Abstract Pressure solution creep rates and interface structures have been measured by two methods on calcite single crystals. In the first kind of experiments, calcite monocrystals were indented at 40 °C for six weeks using ceramic indenters under stresses in the 50–200 MPa range in a saturated solution of calcite and in a calcite-saturated aqueous solution of NH4Cl. The deformation (depth of the hole below the indenter) is measured ex situ at the end of the experiment. In the second type of experiment, calcite monocrystals were indented by spherical glass indenters for 200 hours under stresses in the 0–100 MPa range at room temperature in a saturated aqueous solution of calcite. The displacement of the indenter was continuously recorded using a specially constructed differential dilatometer. The experiments conducted in a calcite-saturated aqueous solution of NH4Cl show an enhanced indentation rate owing to the fairly high solubility of calcite in this solution. In contrast, the experiments conducted in a calcite-saturated aqueous solution show moderate indentation rate and the dry control experiments did not show any measurable deformation.

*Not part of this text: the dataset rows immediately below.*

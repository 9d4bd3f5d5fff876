-- ===== src/Pairing/Contacts/Stored.antt =====
-- `Save` and `LoadContacts` of pairing/contacts.go.
use mesh_net.Base.{
  ◌≡◌, refl, sym, ◌∙◌, Bool, false, if◌then◌else◌, Option, none, some, List, [], ◌∷◌, map, Bytes,
  bytes_eq_iff, lookup, insert, lookup-insert, All, arith,
}
use mesh_net.Outcome.{content, ok}
use mesh_net.Dht.Env.{Codec}
use mesh_net.Dht.Contact.Rearranged.{All-permᴰ}
use mesh_net.Pairing.Contacts.{
  Contact, ContactBook, Range, appended, listed, fill, save, load_contacts,
}
use mesh_net.Pairing.Contacts.Kept.{
  Entries, has_key, HasDistinctKeys, IsKeyed, IsBook, Visits, fill-IsBook, lookup-permᴰ,
  HasDistinctKeys-permᴰ,
}

abbrev pub contacts_of : Entries → List Contact
contacts_of m = map (λ e. e.1) m

lookup-missing : (k : Bytes) (m : Entries) → has_key k m ≡ false → lookup k m ≡ none
unfolding lookup has_key
lookup-missing k [] h = refl
lookup-missing k ((j, c) ∷ m) h = ground (arith, lookup-missing k m)

lookup-fill :
    (k : Bytes) (acc m : Entries)
    → All IsKeyed m
    → HasDistinctKeys m
    → lookup k (fill acc (contacts_of m)) ≡ (if has_key k m then lookup k m else lookup k acc)
unfolding lookup fill has_key
lookup-fill k acc [] v d = refl
lookup-fill k acc ((j, c) ∷ m) v d = ground (
  arith,
  v.0,
  d.0,
  lookup-fill k (insert c.public_key c acc) m v.1 d.1,
  lookup-insert c.public_key k c acc,
  bytes_eq_iff j k,
  bytes_eq_iff c.public_key k,
)

lookup-contacts :
    (k : Bytes) (m : Entries)
    → All IsKeyed m
    → HasDistinctKeys m
    → lookup k (fill [] (contacts_of m)) ≡ lookup k m
unfolding lookup
lookup-contacts k m v d = ground (arith, lookup-fill k [] m v d, lookup-missing k m)

listed-appended : (cs : List Contact) → listed (appended cs) ≡ cs
listed-appended [] = refl
listed-appended (c ∷ cs) = refl

load_contacts-ok :
    (json : Codec (Option (List Contact))) (text : Bytes) (cs : Option (List Contact))
    → json.unmarshal text ≡ some cs
    → load_contacts json (content text) ≡ ok (record { contacts = fill [] (listed cs) })
unfolding load_contacts
load_contacts-ok json text cs e = ground (arith, e)

-- Whatever the order in which `Save` visits the map, `LoadContacts` reads from the file that it
-- wrote a book that finds the same contact under each public key, for a book that stores each
-- contact under its own key, one for each key, where `encoding/json` reads back the list of these
-- contacts as it was written.
pub load_contacts-save :
    (range : Range) (json : Codec (Option (List Contact))) (written : Bool) (b : ContactBook)
    → Visits range
    → IsBook b.contacts
    → json.unmarshal (json.marshal (appended (contacts_of (range b.contacts))))
      ≡ some (appended (contacts_of (range b.contacts)))
    → (b' : ContactBook) × (load_contacts json (content (save range json written b).0) ≡ ok b')
      × IsBook b'.contacts
      × ((k : Bytes) → lookup k b'.contacts ≡ lookup k b.contacts)
unfolding save
load_contacts-save range json written b visits v same =
    let m = range b.contacts in
    let p = visits b.contacts in
    let distinct = HasDistinctKeys-permᴰ p v.distinct in
    let keyed = All-permᴰ IsKeyed p v.keyed in
    (
      record { contacts = fill [] (contacts_of m) },
      load_contacts-ok json _ _ same ∙ rw (listed-appended (contacts_of m)) refl,
      fill-IsBook [] (contacts_of m) (record { keyed = tt; distinct = tt }),
      λ k. lookup-contacts k m keyed distinct ∙ sym (lookup-permᴰ k p v.distinct),
    )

The rate of calcite indentation is found to be inversely proportional to the indenter diameter, thus indicating that the process is diffusion-controlled. The microcracks in the dissolution region under the indenter dramatically enhance the rate of calcite indentation by a significant reduction of the distance of solute transport in the trapped fluid phase. This result indicates that care should be taken in extrapolating the kinetic data of pressure solution creep from one mineral to another.